What is expected |
Transcribe the stretch of entries below from the line with "patching_secret : String" through the line with "preflight_install : String", exactly and with both ends included; leave out all other lines.
=-=-=
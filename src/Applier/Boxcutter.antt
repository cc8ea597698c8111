-- ===== src/Applier/Boxcutter.antt =====
-- internal/operator-controller/applier/boxcutter.go: how a ClusterExtension gets a new revision.
-- Here: the revisions, what is to be applied, the calls and their answers. The state of an action is
-- the list of the calls so far.
pub mod Revisions
pub mod Apply
pub mod Rollout
pub mod Permits
pub mod Retention
pub mod Numbering
pub mod Crash
pub mod InPlace
pub mod Inline
use Prim.Native.String
use operator_controller.Prelude.{ℕ, ℤ, String, List, [], ◌∷◌, ◌++◌, Option, Bool, Result, ok, err}
use operator_controller.ObjectSet.{ObjectSourceRef}
use operator_controller.Exec.{Exec}
use operator_controller.Applier.Packer.{Secret, PackError}

-- what is read of a `ClusterObjectSet`
pub record Existing : Type 0 where
  pub name : String
  pub uid : String
  pub revision : ℤ
  pub lifecycle_state : String

-- `ClusterObjectSetObjectApplyConfiguration` and the phase that holds it
pub record ApplyObject (O : Type 0) : Type 0 where
  pub object : Option O
  pub ref : Option ObjectSourceRef
  pub collision_protection : Option String

pub record ApplyPhase (O : Type 0) : Type 0 where
  pub name : Option String
  pub objects : List (ApplyObject O)

pub record OwnedBy : Type 0 where
  pub api_version : String
  pub kind : String
  pub name : String
  pub uid : String

-- `ClusterObjectSetApplyConfiguration`; `rest` is what this code passes on unread
pub record Desired (O R : Type 0) : Type 0 where
  pub name : String
  pub revision : ℤ
  pub owners : List OwnedBy
  pub phases : List (ApplyPhase O)
  pub rest : R

-- what is read of a `ClusterExtension`; the enforcement is that of its CRD upgrade safety check
pub record Extension : Type 0 where
  pub name : String
  pub uid : String
  pub enforcement : Option String

-- a secret of the cluster, with the UIDs of its owners
pub record OwnedSecret : Type 0 where
  pub name : String
  pub namespace : String
  pub owner_uids : List String

-- the kinds of API errors that the code tells apart
pub data ApiError : Type 0 where
  invalid already_exists not_found : ApiError
  other : String → ApiError

pub data ApplyError : Type 0 where
  listing_revisions : ApiError → ApplyError
  no_revision_installed : ApplyError
  generating : String → ApplyError
  getting_gvk : String → ApplyError
  packing_for_comparison : PackError → ApplyError
  patching_revision : String → ApiError → ApplyError
  failing_preflight : String → ApplyError
  deleting_archived : ApiError → ApplyError
  printing_manifests : String → ApplyError
  pre_authorization : List String → Option String → ApplyError
  packing : PackError → ApplyError
  creating_secret : String → ApiError → ApplyError
  creating_revision : ApiError → ApplyError
  getting_revision : String → ApiError → ApplyError
  listing_secrets : String → ApiError → ApplyError
  patching_secret : String → ApiError → ApplyError

pub data BoxCall (O R : Type 0) : Type 0 where
  list_existing : String → BoxCall O R
  generate : BoxCall O R
  apply_revision : Desired O R → BoxCall O R
  preflight_install : String → List O → BoxCall O R
  preflight_upgrade : String → List O → BoxCall O R
  delete_revision : String → BoxCall O R
  pre_authorize : Desired O R → BoxCall O R
  create_secret : Secret → BoxCall O R
  get_existing : String → BoxCall O R
  list_secrets : String → String → BoxCall O R
  patch_owners : OwnedSecret → OwnedBy → BoxCall O R

-- a `Preflight`: its name, and whether it is the CRD upgrade safety check
pub record PreflightCheck : Type 0 where
  pub name : String
  pub is_crd_upgrade_safety : Bool

pub record Boxcutter : Type 0 where
  pub preflights : List PreflightCheck
  pub has_pre_authorizer : Bool
  pub system_namespace : String

module _ (O R : Type 0) where
  abbrev pub Calls : Type 0
  Calls = List (BoxCall O R)

  abbrev pub BoxStep : Type 0 → Type 0 → Type 0
  BoxStep E A = Exec Calls E A

  -- The answers, which may depend on all calls before.
  pub record BoxCluster : Type 0 where
    -- the verb `%d` of fmt
    pub decimal : ℤ → String
    pub on_list : Calls → Result ApiError (List Existing)
    pub on_generate : Calls → Result String (Desired O R)
    -- `apiutil.GVKForObject` of the extension: its API version and kind
    pub gvk : Result String (String × String)
    -- whatever the server answers to an apply, the code goes on with the name that it applied
    pub on_apply : Calls → Result ApiError Unit
    pub on_preflight : Calls → Result String Unit
    pub on_delete : Calls → Result ApiError Unit
    -- `printers.YAMLPrinter` on the objects
    pub print : List O → Option String
    -- the missing rules and an evaluation error
    pub on_pre_authorize : Calls → List String × Option String
    pub on_create : Calls → Result ApiError Unit
    pub on_get : Calls → Result ApiError Existing
    pub on_list_secrets : Calls → Result ApiError (List OwnedSecret)
    pub on_patch : Calls → Result ApiError Unit

  unfoldable pub ask : {E A : Type 0} → BoxCall O R → (Calls → Result E A) → BoxStep E A
  ask c answer calls = let now = calls ++ c ∷ [] in (answer now, now)

-- `ClusterObjectSetRetentionLimit`
abbrev pub retention_limit : ℕ
retention_limit = 5

abbrev pub enforcement_none : String
enforcement_none = "None"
=-=-=
Exercise answer |
  patching_secret : String → ApiError → ApplyError

pub data BoxCall (O R : Type 0) : Type 0 where
  list_existing : String → BoxCall O R
  generate : BoxCall O R
  apply_revision : Desired O R → BoxCall O R
  preflight_install : String → List O → BoxCall O R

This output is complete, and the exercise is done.